For details on Workers Memorial Day, go to

[PICTURED: Graphic from Catholic-Labor Network.]

Sunday, April 24, 2016

Supreme Court nominee not a sure-thing progressive

Bill Knight column for Thursday, Friday or Saturday, April 21, 22 or 23

The nomination of Judge Merrick Garland to fill the U.S. Supreme Court vacancy resulting from the unexpected death of Judge Antonin Scalia might cause labor to take heed of the old saying, “Be careful what you wish for.”

While Garland during his 19-year tenure on the U.S. Court of Appeals for the District of Columbia Circuit generally has favored labor, that could be because of his “strong views favoring deference to agency decision-makers,” according to Tom Goldstein of SCOTUSBlog, instead of his having a strong pro-labor viewpoint.

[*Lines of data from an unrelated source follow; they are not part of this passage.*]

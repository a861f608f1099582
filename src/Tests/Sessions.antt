-- ===== src/Tests/Sessions.antt =====
-- A session over a small tree: negotiation, an attach, and the invariants behind them.
use r9p.Base.{ℕ, ◌+◌, [], ◌∷◌, some, ok, err, from_static}
use r9p.Qid.{Qid}
use r9p.Message.{TMessage, ttag, tmessage_type}
use r9p.Session.{Session, config_default, session_new}
use r9p.Session.Invariant.{Inv}
use r9p.Server.{ServerRequest, ServerRequestKind, ServerCompletion, bytes_read}
use r9p.Server.Admit.{admit}
use r9p.Server.Complete.{complete}
use r9p.Server.Handle.{FileTree, Server, with_defaults, handle}
use r9p.Server.Ensures.{Answers}
use r9p.Server.Answers.{handle-Answers}
use r9p.Server.Version.{IsCleared, Negotiation, admit-Negotiation}
use r9p.Server.Invariant.{session_new-Inv, admit-Inv, complete-Inv, handle-Inv}

abbrev root_qid : Qid
root_qid = record { qtype = 0x80; version = 0; path = 0 }

abbrev file_qid : Qid
file_qid = record { qtype = 0; version = 0; path = 1 }

-- A root directory with one file in it; the state counts the reads.
abbrev pub small_tree : FileTree ℕ
small_tree = with_defaults (record {
  attach = λ fid uname aname n. (ok root_qid, n);
  walk = λ fid newfid start names n. (ok (file_qid ∷ []), n);
  open_ = λ fid qid mode n. (ok (record { qid = qid; iounit = 0 }), n);
  read = λ fid qid offset count n. (ok (bytes_read (1 ∷ 2 ∷ 3 ∷ [])), n + 1);
  stat = λ qid n. (err (from_static "no stat"), n);
})

-- `Tversion` with "9P2000", and an attach of fid 1 by "g".
abbrev version_request : TMessage
version_request = TMessage.version 65535 8192 (b'9' ∷ b'P' ∷ b'2' ∷ b'0' ∷ b'0' ∷ b'0' ∷ [])

abbrev attach_request : TMessage
attach_request = TMessage.attach 1 1 4294967295 (b'g' ∷ []) []

abbrev negotiated : Session
negotiated = (admit version_request (session_new config_default)).1

negotiated-Inv : Inv negotiated
negotiated-Inv =
    admit-Inv version_request (session_new config_default) (session_new-Inv config_default)

admit-Inv_example : Inv (admit attach_request negotiated).1
admit-Inv_example = admit-Inv attach_request negotiated negotiated-Inv

abbrev attaching : ServerRequest
attaching = record {
  key = record { tag = 1; generation = 1 };
  kind = ServerRequestKind.attach 1 4294967295 (b'g' ∷ []) [];
}

complete-Inv_example :
    Inv
      (complete attaching
        (ok (ServerCompletion.attach_done root_qid))
        (admit attach_request negotiated).1).1
complete-Inv_example =
    complete-Inv attaching (ok (ServerCompletion.attach_done root_qid))
      (admit attach_request negotiated).1 (admit-Inv attach_request negotiated negotiated-Inv)

abbrev server : Server ℕ
server = record { session = negotiated; state = 0 }

handle-Inv_example : Inv (handle small_tree attach_request server).1.session
handle-Inv_example = handle-Inv small_tree attach_request server negotiated-Inv

handle-Answers_example :
    Answers
      (tmessage_type attach_request)
      (ttag attach_request)
      (handle small_tree attach_request server).0
handle-Answers_example = handle-Answers small_tree attach_request server

-- A session with one live request, a read of fid 1.
abbrev reading : Session
reading = record (session_new config_default) {
  variant = some r9p.Codec.Variant.plain;
  requests = record { next_generation = 3; live = (4, record { tag = 4; generation = 2 }) ∷ [] };
}

-- A negotiation in a session with a live request.
admit-Negotiation_example :
    let (event, s') = admit version_request reading in
    IsCleared reading s'
    × Negotiation 65535 8192 (b'9' ∷ b'P' ∷ b'2' ∷ b'0' ∷ b'0' ∷ b'0' ∷ []) reading s' event
admit-Negotiation_example =
    admit-Negotiation 65535 8192 (b'9' ∷ b'P' ∷ b'2' ∷ b'0' ∷ b'0' ∷ b'0' ∷ []) reading

abbrev read_request : ServerRequest
read_request = record {
  key = record { tag = 4; generation = 2 };
  kind = ServerRequestKind.read 1 file_qid 0 2;
}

Garland’s judicial record on labor cases led many union leaders to endorse President Obama’s nominating the Chicago native. For example, AFL-CIO president Richard Trumka praised Garland’s “impeccable credentials and deep experience.”

However, it’s useful to temper any expectations with context in considering what kind of Supreme Court Justice Garland would be. As Goldstein said, Garland seems to have been a cautious judge who usually agreed with government agencies, whether the National Labor Relations Board or the State Department.

In fact, when Garland served with current Chief Justice John Roberts on the Court of Appeals for two years, Garland agreed with Roberts 85 percent of the time in 34 cases on which they both worked.

Looking at cases they shared, Roberts concurred when Garland wrote that union activists could legally leaflet one of their employer’s facilities despite not working at that job site, but Garland signed on when Roberts overruled an NLRB ruling that a group of college workers had bargaining rights. Also, the two agreed in refusing to hear a lower court case permitting the Bush administration’s requirement that government contractors post information about employees’ right to not join unions.

They also disagreed a few times, such as Garland’s dissent in a Roberts’ opinion that two contractors didn’t break the law by delivering defective train cars to Amtrak.

“Given his preference for restraint, it’s unlikely that Garland would significantly counter the Court’s pro-business tilt of the past four decades,” commented Justin Miller, a writing fellow at The American Prospect magazine. That’s significant at a time when the Supreme Court – including its “liberals” -- has grown more supportive of big business’s interests even as everyday Americans’ anger at the corporate agenda has increased, according to Noam Scheiber in the New York Times. Scheiber noticed “a growing rift between the country and the nation’s highest court on questions of economic power and support for big business.”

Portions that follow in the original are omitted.